31st European Heart and Heart Failure Congress
Title: Myocarditis induced ventricular tachycardia
Biography: Nang Khaing Zar
Background: Myocarditis is an acute infectious or immunologically mediated syndrome causing inflammation of the heart muscle. Around half of all cases are idiopathic (Karjalainen et al. 1983). Possible complications include syncope, arrhythmia and heart failure.

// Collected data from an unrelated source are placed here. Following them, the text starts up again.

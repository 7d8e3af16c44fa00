-- ===== src/Sample/Netlist.antt =====
-- The netlist of the sample platform: it keeps what it was told to add.
use text.Mathlib.TextEquality.{eq_iff}
pub use tamara.Sample.Objects.{
  Object, object, numbered, another, Signal, whole, part, constant, same_object, same_object_iff,
  Item, same_item, same_item_iff,
}
use tamara.Sample.Objects.{
  same_signal, same_signal_iff, name_of, type_of, width_of, is_input, is_output, wire_of, is_whole,
  size_of,
}
use tamara.Rtlil.Kernel.{Kernel, wire, cell}
use tamara.Rtlil.Platform.{Platform}
use tamara.Sample.Lists.{list_set, list_map}
use tamara.Common.{
  true, ℕ, false, ◌&&◌, not, String, str_eq, ◌==◌, List, Option, [], if◌then◌else◌, ◌++◌, none,
  some, ◌∷◌, ◌||◌, is_some, ◌+◌,
}

pub data Gate : Type 0 where
  inverter : Signal → Signal → Gate
  and_gate : Signal → Signal → Signal → Gate
  or_gate : Signal → Signal → Signal → Gate
  reducer : Signal → Signal → Gate
  buffer : Signal → Signal → Gate
  joint : Signal → Signal → Gate

pub record Netlist : Type 0 where
  pub index : ℕ
  pub wires : List Object
  pub cells : List Object
  pub connections : List (Signal × Signal)
  pub ports : Object → List (String × Signal)
  pub attribute : Item → String → Option String
  pub gates : List Gate

abbrev pub empty_netlist : Netlist
empty_netlist = record {
  index = 0;
  wires = [];
  cells = [];
  connections = [];
  ports = λ _. [];
  attribute = λ _ _. none;
  gates = [];
}

abbrev pub set_mark : Item → String → String → Netlist → Netlist
set_mark x name value m = record m {
  attribute =
      λ y other. if same_item x y && str_eq name other then some value else m.attribute y other;
}

abbrev new_wire : String → ℕ → Netlist → Object × Netlist
new_wire name width m =
    let w = another m.wires (object name "" width false false) in
    (w, record m { wires = m.wires ++ w ∷ [] })

-- A new cell with its ports and its equation. The first flag of a cell says that it is such a gate.
abbrev add_gate : String → String → List (String × Signal) → Gate → Netlist → Object × Netlist
add_gate name type ports gate m =
    let c = object name type 0 true false in
    (
      c,
      record m {
        cells = m.cells ++ c ∷ [];
        ports = λ d. if same_object c d then ports else m.ports d;
        gates = gate ∷ m.gates;
      },
    )

-- a cell with no ports yet
abbrev bare_cell : String → String → Netlist → Object × Netlist
bare_cell name type m =
    let c = another m.cells (object name type 0 false false) in
    (
      c,
      record m {
        cells = m.cells ++ c ∷ [];
        ports = λ d. if same_object c d then [] else m.ports d;
      },
    )

abbrev pub replace_port : String → Signal → List (String × Signal) → List (String × Signal)
replace_port name s [] = (name, s) ∷ []
replace_port name s ((n, t) ∷ ps) =
    if str_eq n name then (n, s) ∷ ps else (n, t) ∷ replace_port name s ps

-- A copy takes the attributes of the original, and keeps those that its own name has.
abbrev pub copy_attribute :
    Item → Item → (Item → String → Option String) → Item → String → Option String
copy_attribute old new attribute x name =
    if same_item x new && not (is_some (attribute x name))
    then attribute old name
    else attribute x name

abbrev pub renamed : String → Object → Object
renamed name (object n t w i o) = object name t w i o
renamed name (numbered k o) = numbered k (renamed name o)

abbrev copy_wire_of : String → Object → Netlist → Object × Netlist
copy_wire_of name old m =
    let new = renamed name old in
    (
      new,
      record m {
        wires = m.wires ++ new ∷ [];
        attribute = copy_attribute (wire old) (wire new) m.attribute;
      },
    )

abbrev copy_cell_of : String → Object → Netlist → Object × Netlist
copy_cell_of name old m =
    let new = renamed name old in
    (
      new,
      record m {
        cells = m.cells ++ new ∷ [];
        ports = λ d. if same_object new d then m.ports old else m.ports d;
        attribute = copy_attribute (cell old) (cell new) m.attribute;
      },
    )

abbrev pub kernel : Kernel
kernel = record {
  Wire = Object;
  Cell = Object;
  SigSpec = Signal;
  Module = Netlist;
  wire_name = name_of;
  width = width_of;
  port_input = is_input;
  port_output = is_output;
  cell_name = name_of;
  cell_type = type_of;
  same_wire = same_object;
  same_cell = same_object;
  same_signal = same_signal;
  same_wire_iff = same_object_iff;
  same_cell_iff = same_object_iff;
  same_signal_iff = same_signal_iff;
  of_wire = whole;
  chunk = part;
  is_wire = is_whole;
  as_wire = wire_of;
  is_bit = λ s. size_of s == 1;
  as_bit_wire = wire_of;
  chunk_wires = λ s. wire_of s ∷ [];
  size = size_of;
  cell_input = λ type port. str_eq port "A" || (str_eq port "B" || str_eq port "D");
  cell_output = λ type port. str_eq port "Y" || str_eq port "Q";
  wires = λ m. m.wires;
  cells = λ m. m.cells;
  selected_cells = λ m. m.cells;
  is_mem_cell = λ c. str_eq (type_of c) "$mem_v2";
  connections = λ m. m.connections;
  cell_connections = λ m. m.ports;
  has_attribute = λ m x name. is_some (m.attribute x name);
  get_string_attribute = λ m x name. elim (m.attribute x name) [ none ↦ "" | some s ↦ s ];
  next_index = λ m. (m.index, record m { index = m.index + 1 });
  add_wire = new_wire;
  copy_wire = copy_wire_of;
  copy_cell = copy_cell_of;
  add_cell = bare_cell;
  add_logic_not = λ n a y. add_gate n "$logic_not" (("A", a) ∷ ("Y", y) ∷ []) (inverter a y);
  add_logic_and =
      λ n a b y. add_gate n "$logic_and" (("A", a) ∷ ("B", b) ∷ ("Y", y) ∷ []) (and_gate a b y);
  add_logic_or =
      λ n a b y. add_gate n "$logic_or" (("A", a) ∷ ("B", b) ∷ ("Y", y) ∷ []) (or_gate a b y);
  add_reduce_or = λ n a y. add_gate n "$reduce_or" (("A", a) ∷ ("Y", y) ∷ []) (reducer a y);
  add_buf = λ n a y. add_gate n "$buf" (("A", a) ∷ ("Y", y) ∷ []) (buffer a y);
  connect =
      λ l r m. record m { connections = m.connections ++ (l, r) ∷ []; gates = joint l r ∷ m.gates };
  set_port = λ c name s m. record m {
    ports = λ d. if same_object c d then replace_port name s (m.ports c) else m.ports d;
  };
  set_bool_attribute = λ x name. set_mark x name "1";
  set_string_attribute = set_mark;
}

abbrev pub platform : Platform
platform = record {
  kernel = kernel;
  ptr_set = list_set same_item same_item_iff;
  signal_set = list_set same_signal same_signal_iff;
  name_set = list_set str_eq eq_iff;
  wire_map = list_map same_item same_item_iff;
  signal_map = list_map same_item same_item_iff;
}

Presentation: 65 year old man with background hyperlipidaemia was presented with chest pain and palpitation. Initial ECG was monomorphic VT. Patient was haemodynamically stable. Subsequently, VT was approaching 240 bpm. Decision was made to proceed with cardioversion and sinus rhythm was restored. Electrolyte disturbance was excluded and angiogram was performed which did not show any flow limiting coronary artery disease. Cardiac MR had demonstrated normal left ventricular function with patchy mid wall epicardial mid gadolinium enhancement, consistent with a diagnosis of likely myocarditis although nonspecific cardiomyopathy could not be excluded. Being SVT with aberrancy a differential in view of regular broad complex tachycardia, EP study was subsequently performed and had confirmed VT. The patient then underwent ICD implantation and discharged well.
ECG: to be displayed on poster
Discussion: The mechanisms for ventricular arrhythmias during myocardial inflammation are unknown. Endomyocardial biopsy is not necessary for the diagnosis of myocarditis. MRI should be performed in patients resuscitated from sudden cardiac death, to rule out myocardial inflammation. Although it is difficult to establish the exact prognosis, it is suggested that the prognosis of patients with resuscitated sudden cardiac death in the onset of acute myocarditis is favourable, arrhythmias usually being self-limited with no recurrences that follow the acute phase.
E-journal of the ESC Council for Cardiology Practice. 05/04/2011. Ventricular arrhythmias complicating acute myocarditis
Celia Bagshaw / Editors: Jason Kendall, Stewart H McMorran. 08/11/2017. Myocarditis. RCEM learning.
Khabbaz Z, Grinda JM, Fabiani JN. Extracorporeal life support: an effective and non-invasive way to treat acute necrotizing eosinophilic myocarditis. J Thorac Cardiovasc Surg. 2007; 133(4): 1122-3.
Chau EM, Chow WH, Chiu C, Wang E. Treatment and outcome in biopsy proven fulminant myocarditis in adults. Int J Cardiol. 2006; 110 (3): 405-6.